Source data below:

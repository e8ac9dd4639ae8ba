-- ===== src/Db/Index/Distinct.antt =====
-- db/memory.go: the entries of an index, over a round of each loop.
use alma_backend_task.Prelude.{
  String, ◌≡◌, Bool, true, false, Option, none, some, List, [], ◌∷◌, ok, >>=-eq-ok, String-discrete,
  erase, Bool-cases, Option-cases, inl, inr, if◌then◌else◌, subst,
}
use alma_backend_task.GoMap
use alma_backend_task.GoMap.Distinct.{IsMap, put-IsMap, delete-IsMap}
use alma_backend_task.Value.{Value, Value-discrete, hashable, go_eq}
use alma_backend_task.Db.Types.{Record, Index, Outcome, at}
use alma_backend_task.Db.Index.{
  entry, contains, append_pk, delete_if_empty, remove_pk, append_to_index, remove_from_index,
  add_field, drop_field, move_unless, move_pk, move_values, move_field,
}

abbrev pub IsIndex : Index → Type 0
IsIndex = IsMap Value-discrete

append_pk-IsIndex :
    (v : Value) (pk : String) (idx : Index) → IsIndex idx → IsIndex (append_pk v pk idx)
unfolding append_pk
append_pk-IsIndex v pk idx h = put-IsMap Value-discrete v _ idx h

delete_if_empty-IsIndex :
    (v : Value) (pks : List String) (idx : Index)
    → IsIndex idx
    → IsIndex (delete_if_empty v pks idx)
delete_if_empty-IsIndex v [] idx h = delete-IsMap Value-discrete v idx h
delete_if_empty-IsIndex v (p ∷ ps) idx h = h

erased-IsIndex :
    (b : Bool) (v : Value) (pks : List String) (idx : Index)
    → IsIndex idx
    → IsIndex (if b then GoMap.put Value-discrete v pks idx else idx)
erased-IsIndex true v pks idx h = put-IsMap Value-discrete v pks idx h
erased-IsIndex false v pks idx h = h

remove_pk-IsIndex :
    (v : Value) (pk : String) (idx : Index) → IsIndex idx → IsIndex (remove_pk v pk idx)
unfolding remove_pk
remove_pk-IsIndex v pk idx h =
    delete_if_empty-IsIndex v _ _
      (erased-IsIndex (contains pk (entry v idx)) v (erase String-discrete pk (entry v idx)) idx h)

same-IsIndex : {a b : Index} → ◌≡◌ {A = Outcome Index} (ok a) (ok b) → IsIndex a → IsIndex b
same-IsIndex {a} {b} e h = let p : a ≡ b = cc e in subst IsIndex p h

module _ (pk : String) (idx : Index) {out : Index} (h : IsIndex idx) where
  append_to_index-IsIndex : (v : Value) → append_to_index v pk idx ≡ ok out → IsIndex out
  unfolding append_to_index
  append_to_index-IsIndex v e = elim (Bool-cases (hashable v)) [
    | inl k ↦ same-IsIndex (rw k at e) (append_pk-IsIndex v pk idx h)
    | inr k ↦ cc (rw k at e)
  ]

  remove_from_index-IsIndex : (v : Value) → remove_from_index v pk idx ≡ ok out → IsIndex out
  unfolding remove_from_index
  remove_from_index-IsIndex v e = elim (Bool-cases (hashable v)) [
    | inl k ↦ same-IsIndex (rw k at e) (remove_pk-IsIndex v pk idx h)
    | inr k ↦ cc (rw k at e)
  ]

module _ (pk : String) (idx : Index) {out : Index} (h : IsIndex idx) where
  moved_unless-IsIndex :
      (same : Bool) (old new : Value) → move_unless same old new pk idx ≡ ok out → IsIndex out
  unfolding move_unless
  moved_unless-IsIndex true old new e = same-IsIndex e h
  moved_unless-IsIndex false old new e =
      let (idx₁, a, b) = >>=-eq-ok (remove_from_index old pk idx) _ e in
      append_to_index-IsIndex pk idx₁ (remove_from_index-IsIndex pk idx h old a) new b

  pub move_pk-IsIndex : (old new : Value) → move_pk old new pk idx ≡ ok out → IsIndex out
  unfolding move_pk
  move_pk-IsIndex old new e =
      let (same, a, b) = >>=-eq-ok (go_eq old new) _ e in moved_unless-IsIndex same old new b

  move_values-IsIndex : (new old : Option Value) → move_values new old pk idx ≡ ok out → IsIndex out
  unfolding move_values
  move_values-IsIndex none old e = same-IsIndex e h
  move_values-IsIndex (some new) none e = same-IsIndex e h
  move_values-IsIndex (some new) (some old) e = move_pk-IsIndex old new e

  pub move_field-IsIndex :
      (existing r : Record) (f : String) → move_field existing r pk f idx ≡ ok out → IsIndex out
  unfolding move_field
  move_field-IsIndex existing r f e = move_values-IsIndex (at f r) (at f existing) e

  pub add_field-IsIndex : (r : Record) (f : String) → add_field r pk f idx ≡ ok out → IsIndex out
  unfolding add_field
  add_field-IsIndex r f e = elim (Option-cases (at f r)) [
    | inl n ↦ same-IsIndex (rw (n, add_field) at e) h
    | inr (v, s) ↦ append_to_index-IsIndex pk idx h v (rw (s, add_field) at e)
  ]

  pub drop_field-IsIndex : (r : Record) (f : String) → drop_field r pk f idx ≡ ok out → IsIndex out
  unfolding drop_field
  drop_field-IsIndex r f e = elim (Option-cases (at f r)) [
    | inl n ↦ same-IsIndex (rw (n, drop_field) at e) h
    | inr (v, s) ↦ remove_from_index-IsIndex pk idx h v (rw (s, drop_field) at e)
  ]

End of Source data.

• _What the task asks_
Search the data above for the word "some" and show every line that has it.

• _Task output_
  String, ◌≡◌, Bool, true, false, Option, none, some, List, [], ◌∷◌, ok, >>=-eq-ok, String-discrete,
  move_values-IsIndex (some new) none e = same-IsIndex e h
  move_values-IsIndex (some new) (some old) e = move_pk-IsIndex old new e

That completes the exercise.